◆ **Problem requirements**
Starting at the line below holding "has_event-map id [] = refl" and stopping at the line holding "c.inbox.items ≡ true", print every line exactly, both ends included, and leave the rest out.

Start of Material provided

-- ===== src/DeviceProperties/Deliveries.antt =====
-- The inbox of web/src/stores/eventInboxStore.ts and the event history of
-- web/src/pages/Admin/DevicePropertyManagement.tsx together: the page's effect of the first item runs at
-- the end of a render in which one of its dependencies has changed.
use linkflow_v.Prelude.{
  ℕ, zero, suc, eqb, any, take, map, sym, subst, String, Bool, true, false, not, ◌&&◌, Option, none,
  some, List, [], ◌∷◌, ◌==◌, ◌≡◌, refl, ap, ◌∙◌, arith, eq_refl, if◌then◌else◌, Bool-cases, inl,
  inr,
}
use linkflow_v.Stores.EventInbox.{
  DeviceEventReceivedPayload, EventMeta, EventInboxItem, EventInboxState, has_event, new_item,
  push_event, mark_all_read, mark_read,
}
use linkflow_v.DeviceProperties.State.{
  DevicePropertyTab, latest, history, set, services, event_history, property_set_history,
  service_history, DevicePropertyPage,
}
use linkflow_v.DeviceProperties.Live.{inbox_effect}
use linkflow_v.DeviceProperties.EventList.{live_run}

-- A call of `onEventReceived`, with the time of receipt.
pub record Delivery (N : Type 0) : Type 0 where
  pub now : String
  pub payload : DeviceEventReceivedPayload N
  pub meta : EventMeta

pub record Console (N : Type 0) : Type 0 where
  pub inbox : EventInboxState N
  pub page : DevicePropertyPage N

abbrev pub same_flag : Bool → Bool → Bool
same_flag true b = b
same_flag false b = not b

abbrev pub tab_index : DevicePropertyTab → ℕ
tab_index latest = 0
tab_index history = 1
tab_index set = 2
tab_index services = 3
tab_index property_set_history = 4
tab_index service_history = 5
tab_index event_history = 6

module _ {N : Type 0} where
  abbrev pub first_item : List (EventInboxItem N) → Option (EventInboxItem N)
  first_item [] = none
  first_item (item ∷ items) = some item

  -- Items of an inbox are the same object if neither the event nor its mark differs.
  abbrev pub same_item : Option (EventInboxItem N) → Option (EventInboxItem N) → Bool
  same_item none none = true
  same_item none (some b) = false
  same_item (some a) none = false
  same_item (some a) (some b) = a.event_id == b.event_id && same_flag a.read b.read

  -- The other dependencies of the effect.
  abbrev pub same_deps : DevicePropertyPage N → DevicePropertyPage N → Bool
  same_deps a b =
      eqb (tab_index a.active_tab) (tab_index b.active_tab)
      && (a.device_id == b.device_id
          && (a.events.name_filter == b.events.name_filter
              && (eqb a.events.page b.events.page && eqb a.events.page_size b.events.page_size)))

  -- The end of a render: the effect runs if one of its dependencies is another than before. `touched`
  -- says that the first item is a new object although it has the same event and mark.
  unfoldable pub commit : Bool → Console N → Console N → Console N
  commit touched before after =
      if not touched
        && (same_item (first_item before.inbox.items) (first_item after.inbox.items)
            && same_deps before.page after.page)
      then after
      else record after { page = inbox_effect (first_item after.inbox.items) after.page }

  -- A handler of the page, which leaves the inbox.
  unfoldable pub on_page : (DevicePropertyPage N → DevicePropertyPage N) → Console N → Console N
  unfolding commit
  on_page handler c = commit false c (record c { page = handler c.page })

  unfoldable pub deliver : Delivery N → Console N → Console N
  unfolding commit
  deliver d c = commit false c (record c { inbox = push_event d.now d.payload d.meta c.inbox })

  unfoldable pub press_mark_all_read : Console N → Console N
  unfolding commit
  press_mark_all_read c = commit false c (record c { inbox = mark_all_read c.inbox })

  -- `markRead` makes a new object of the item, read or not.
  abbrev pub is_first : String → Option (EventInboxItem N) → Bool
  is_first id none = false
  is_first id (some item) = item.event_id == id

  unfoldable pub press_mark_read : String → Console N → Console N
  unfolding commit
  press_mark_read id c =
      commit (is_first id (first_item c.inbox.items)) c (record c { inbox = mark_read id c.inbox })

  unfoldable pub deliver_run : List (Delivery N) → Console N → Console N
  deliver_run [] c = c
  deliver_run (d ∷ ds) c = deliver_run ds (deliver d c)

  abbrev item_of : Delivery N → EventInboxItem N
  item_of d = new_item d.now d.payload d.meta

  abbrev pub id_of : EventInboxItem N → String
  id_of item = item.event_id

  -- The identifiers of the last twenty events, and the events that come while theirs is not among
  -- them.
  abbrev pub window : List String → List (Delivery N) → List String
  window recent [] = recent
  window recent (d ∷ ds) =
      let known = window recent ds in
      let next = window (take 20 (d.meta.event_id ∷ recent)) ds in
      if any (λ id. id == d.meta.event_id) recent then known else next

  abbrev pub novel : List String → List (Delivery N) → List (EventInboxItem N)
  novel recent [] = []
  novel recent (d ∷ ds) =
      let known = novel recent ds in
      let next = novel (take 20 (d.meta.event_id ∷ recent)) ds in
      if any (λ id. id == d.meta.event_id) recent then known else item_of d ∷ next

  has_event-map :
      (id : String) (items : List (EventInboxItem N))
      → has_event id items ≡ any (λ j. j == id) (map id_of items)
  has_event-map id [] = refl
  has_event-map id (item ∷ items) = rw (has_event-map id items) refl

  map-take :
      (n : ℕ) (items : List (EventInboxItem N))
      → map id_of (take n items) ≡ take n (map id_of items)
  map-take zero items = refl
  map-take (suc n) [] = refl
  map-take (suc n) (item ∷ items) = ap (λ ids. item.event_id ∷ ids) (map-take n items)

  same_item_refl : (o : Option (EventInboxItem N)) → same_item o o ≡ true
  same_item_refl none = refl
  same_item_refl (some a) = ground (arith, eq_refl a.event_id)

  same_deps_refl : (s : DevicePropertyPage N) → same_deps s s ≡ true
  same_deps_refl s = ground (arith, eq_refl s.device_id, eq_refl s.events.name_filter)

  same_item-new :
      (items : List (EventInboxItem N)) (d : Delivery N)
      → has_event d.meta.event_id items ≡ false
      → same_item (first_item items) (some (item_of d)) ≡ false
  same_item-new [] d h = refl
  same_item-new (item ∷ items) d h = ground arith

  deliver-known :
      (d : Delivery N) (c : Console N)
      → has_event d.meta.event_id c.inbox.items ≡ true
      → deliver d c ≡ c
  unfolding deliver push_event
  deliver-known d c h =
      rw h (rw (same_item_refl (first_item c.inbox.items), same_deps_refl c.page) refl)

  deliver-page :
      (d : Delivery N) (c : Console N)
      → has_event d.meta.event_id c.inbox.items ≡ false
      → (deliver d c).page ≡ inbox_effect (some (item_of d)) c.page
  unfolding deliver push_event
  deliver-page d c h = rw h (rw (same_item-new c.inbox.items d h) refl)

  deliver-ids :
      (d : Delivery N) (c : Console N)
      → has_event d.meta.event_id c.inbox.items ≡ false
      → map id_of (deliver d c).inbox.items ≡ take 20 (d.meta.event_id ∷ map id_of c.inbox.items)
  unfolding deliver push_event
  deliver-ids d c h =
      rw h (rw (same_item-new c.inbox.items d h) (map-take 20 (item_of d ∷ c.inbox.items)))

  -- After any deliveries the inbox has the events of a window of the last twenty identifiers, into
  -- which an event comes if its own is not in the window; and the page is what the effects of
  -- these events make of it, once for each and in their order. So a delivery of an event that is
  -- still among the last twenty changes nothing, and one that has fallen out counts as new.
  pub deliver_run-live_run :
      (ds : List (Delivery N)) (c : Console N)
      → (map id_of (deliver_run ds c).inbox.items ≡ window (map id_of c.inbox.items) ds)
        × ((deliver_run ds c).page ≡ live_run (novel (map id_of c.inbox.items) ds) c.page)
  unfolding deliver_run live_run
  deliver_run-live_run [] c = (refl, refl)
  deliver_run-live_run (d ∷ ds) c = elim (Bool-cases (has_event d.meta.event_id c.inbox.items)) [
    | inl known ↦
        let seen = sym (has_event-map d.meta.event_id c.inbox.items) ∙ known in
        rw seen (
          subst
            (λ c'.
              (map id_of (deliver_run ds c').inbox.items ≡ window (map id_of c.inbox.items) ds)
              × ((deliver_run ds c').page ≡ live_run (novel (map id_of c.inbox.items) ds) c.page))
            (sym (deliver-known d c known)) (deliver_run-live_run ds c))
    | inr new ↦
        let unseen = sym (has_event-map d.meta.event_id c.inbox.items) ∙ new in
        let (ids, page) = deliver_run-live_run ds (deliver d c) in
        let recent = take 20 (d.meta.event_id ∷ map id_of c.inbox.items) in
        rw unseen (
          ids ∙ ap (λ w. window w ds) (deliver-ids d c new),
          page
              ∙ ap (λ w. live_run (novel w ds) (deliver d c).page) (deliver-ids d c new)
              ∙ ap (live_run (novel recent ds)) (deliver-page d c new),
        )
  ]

End of Material provided

◆ **Written solution**
  has_event-map id [] = refl
  has_event-map id (item ∷ items) = rw (has_event-map id items) refl

  map-take :
      (n : ℕ) (items : List (EventInboxItem N))
      → map id_of (take n items) ≡ take n (map id_of items)
  map-take zero items = refl
  map-take (suc n) [] = refl
  map-take (suc n) (item ∷ items) = ap (λ ids. item.event_id ∷ ids) (map-take n items)

  same_item_refl : (o : Option (EventInboxItem N)) → same_item o o ≡ true
  same_item_refl none = refl
  same_item_refl (some a) = ground (arith, eq_refl a.event_id)

  same_deps_refl : (s : DevicePropertyPage N) → same_deps s s ≡ true
  same_deps_refl s = ground (arith, eq_refl s.device_id, eq_refl s.events.name_filter)

  same_item-new :
      (items : List (EventInboxItem N)) (d : Delivery N)
      → has_event d.meta.event_id items ≡ false
      → same_item (first_item items) (some (item_of d)) ≡ false
  same_item-new [] d h = refl
  same_item-new (item ∷ items) d h = ground arith

  deliver-known :
      (d : Delivery N) (c : Console N)
      → has_event d.meta.event_id c.inbox.items ≡ true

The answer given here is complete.